Vivemos em novos tempos e tempos curiosos, o capitalismo que antes era conhecido como sistema econômico, atualmente não se tornou somente uma ideologia, mas uma religião, onde fé e dominação caminham lado a lado. O neoliberalismo, é doutrina teológica do capital, canonizou os indivíduos e as sociedades, beatificou o empreendedorismo e excomungou os direitos dos mais necessitados Afinal, como dizem os novos apóstolos do capital: “quem tem direito, não tem mérito”
Nesse cenário, a precarização da vida não é um acidente de trajeto, mas sim uma causa consciente. É um projeto. É um dogma. É uma doutrina. A tal “liberdade econômica”, repetida em “missas” tecnocráticas por economistas ungidos nas cátedras do capital, não visa liberdade da pobreza ou da desigualdade, mas sim a purificação do sistema, de qualquer resquício de dignidade humana daqueles que “atrapalham” o desenvolvimento do mercado.

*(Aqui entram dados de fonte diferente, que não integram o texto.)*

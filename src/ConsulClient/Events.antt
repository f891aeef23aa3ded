-- ===== src/ConsulClient/Events.antt =====
-- What is reported of a request to Consul, in frontik/consul_client.py.
use frontik.Prelude.{
  ℕ, String, Option, none, some, List, [], ◌∷◌, eqb, if◌then◌else◌, ◌≡◌, refl, Bool-cases, inl, inr,
}
use frontik.ConsulClient.{
  Error, consul_exception, exception, base_exception, Outcome, returns, raises, Event,
  on_http_request_success, on_http_request_invalid, on_http_request_failure, Response, timeout,
  fail, invalid, finish, async_request, sync_request,
}

-- what a request reports, from the code of the response, if there is one, and the outcome
abbrev pub reports : {A : Type 0} → String → String → Option ℕ → Outcome A → List Event
reports method path none (returns a) = []
reports method path (some code) (returns a) = on_http_request_success method path code ∷ []
reports method path code (raises (base_exception name)) = []
reports method path code (raises (exception name)) =
    on_http_request_failure method path (exception name) ∷ []
reports method path none (raises (consul_exception name)) =
    on_http_request_failure method path (consul_exception name) ∷ []
reports method path (some code) (raises (consul_exception name)) =
    on_http_request_invalid method path code
    ∷ on_http_request_failure method path (consul_exception name)
    ∷ []

abbrev pub code_of : Outcome Response → Option ℕ
code_of (returns r) = some r.code
code_of (raises error) = none

-- the outcome of a request: that of the session, or of the callback on the response
abbrev pub outcome_of : {A : Type 0} → (Response → Outcome A) → Outcome Response → Outcome A
outcome_of callback (returns r) = callback r
outcome_of callback (raises error) = raises error

-- the callback of the asynchronous client, which takes no response with the code 599
abbrev pub but_599 : {A : Type 0} → (Response → Outcome A) → Response → Outcome A
but_599 callback r = if eqb r.code 599 then raises timeout else callback r

module _ {A : Type 0} (method path : String) where
  fail-reports :
      (error : Error)
      → fail {A = A} method path [] error
        ≡ (reports {A = A} method path none (raises error), raises error)
  unfolding fail
  fail-reports (consul_exception name) = refl
  fail-reports (exception name) = refl
  fail-reports (base_exception name) = refl

  finish-reports :
      (code : ℕ) (outcome : Outcome A)
      → finish method path code outcome ≡ (reports method path (some code) outcome, outcome)
  unfolding finish invalid fail
  finish-reports code (returns a) = refl
  finish-reports code (raises (consul_exception name)) = refl
  finish-reports code (raises (exception name)) = refl
  finish-reports code (raises (base_exception name)) = refl

  -- A request of the synchronous client ends as its session does, or else as the callback does on
  -- the response, and it reports a success if and only if there is a result. If there is an
  -- exception, it reports a failure, unless it is not an `Exception`; and an exception of the kind
  -- `ConsulException` that the callback raises is reported as invalid first, and then also as a
  -- failure.
  pub sync_request-reports :
      (callback : Response → Outcome A) (session : Outcome Response)
      → sync_request method path callback session ≡ (
        reports method path (code_of session) (outcome_of callback session),
        outcome_of callback session,
      )
  unfolding sync_request
  sync_request-reports callback (raises error) = fail-reports error
  sync_request-reports callback (returns r) = finish-reports r.code (callback r)

  -- The asynchronous client does what the synchronous one does with a callback that raises
  -- `base.Timeout` on a response with the code 599, which the synchronous one hands on.
  async_request-sync_request :
      (callback : Response → Outcome A) (session : Outcome Response)
      → async_request method path callback session
        ≡ sync_request method path (but_599 callback) session
  unfolding async_request sync_request finish
  async_request-sync_request callback (raises error) = refl
  async_request-sync_request callback (returns r) = elim (Bool-cases (eqb r.code 599)) [
    | inl late ↦ rw (late, async_request, finish) refl
    | inr other ↦ rw (other, async_request) refl
  ]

Na espiritualidade do capital, a desigualdade não é o problema, mas um sinal de conquista daqueles que “se esforçaram mais” nos lobbies realizados nos corredores da política, pois: “eu lutei pela minha fortuna não ser taxada, se você perdeu, foi porque não se esforçou bastante. A justiça social, se ousa existir, é tratada como um percalço no desenvolvimento econômico, uma heresia estatal. Jung Mo Sung denuncia com precisão essa lógica perversa em seu livro Idolatria do Dinheiro e Direitos Humanos:
“O ideal utópico do neoliberalismo é um mercado que seja totalmente livre das intervenções e limitações da parte do Estado e da sociedade. Para eles, quem tem direito não são todos os seres humanos, nem todos os cidadãos, mas os que têm capacidade de realizar seus direitos através da relação de compra e venda, isto é os consumidores que podem pagar no mercado. Os direitos fundamentais dos seres humanos não nasceriam de dignidade humana, mas sim do contrato de compra e venda no mercado.”
Ou seja, não somos sujeitos de direitos, mas clientes da existência. E só tem dignidade quem pode pagar por ela.
A lógica da acumulação se disfarça de racionalidade, eficiência, liberdade e meritocracia. Mas no fim das contas, é apenas a velha idolatria ao capital, ao dinheiro. Como já ironizava Pink Floyd em Money (1973):“Ah, don’t give me that do-goody-good bullshit I’m in the high-fidelity, first class travelling set And I think I need a Learjet”( “Ah, não me venha com essa de bonzinho, eu estou no grupo de viagens de alta fidelidade, primeira classe, e acho que preciso de um Learjet” )
Aqui, a ironia é crua e realista para aqueles que crêem na realidade: o valor da vida não está na sua humanidade, mas no acesso ao luxo, ao conforto privado, as cifras no branco. A espiritualidade do mercado promete ascensão e sucesso – desde que você suba pela escada da competitividade individual.
É nesse espírito que Jung So Mung e Josué Cândido da Silva nos propõe uma reflexão sobre o fetiche da riqueza em seu livro Conversando sobre ética e sociedade:
“Nas nossas sociedades modernas capitalistas, com o mito do progresso, a economia passou a ser um fim em si mesma. As pessoas não trabalham mais para viver, mas vivem para trabalhar e ganhar dinheiro. As pessoas se perguntam “como ganhar dinheiro”, mas dificilmente se pergunta, “para que ganhar dinheiro”. Diante dessa pergunta inconveniente, respondem que é para ganhar mais dinheiro ou para poder comprar muitas coisas. Mas comprar é trocar dinheiro por um outro tipo de riqueza. No fundo, continua no mesmo objetivo de acumular riquezas.”
Ademais, a vida se tornou um meio para o dinheiro, para o capital. Trabalha-se para consumir. Consome-se para justificar a própria existência. Acumula riqueza para demonstrar o valor da existência.
Os mesmo autores ainda lembram algo essencial:
“O que não podemos esquecer é que “consumidor” não é sinônimo de cidadão ou ser humano. Consumidor é o ser humano que tem dinheiro para entrar no mercado. Aqueles que não têm não são consumidores e estão fora do mercado. As mercadorias não são destinadas à satisfação, mas sim dos consumidores.”
O capital através do mercado, não apenas determina o que é valor, mas também quem é incluído nos seus cálculos e quem deverá ser excluído. A quem não prática essa religião chamada capitalismo, apenas resta a indignação.
Enquanto isso, os deuses da Faria Lima seguem nos observando do alto de suas salas envidraçadas e torcendo para que suas riquezas não sejam taxadas, pois o Estado Social já existe para eles.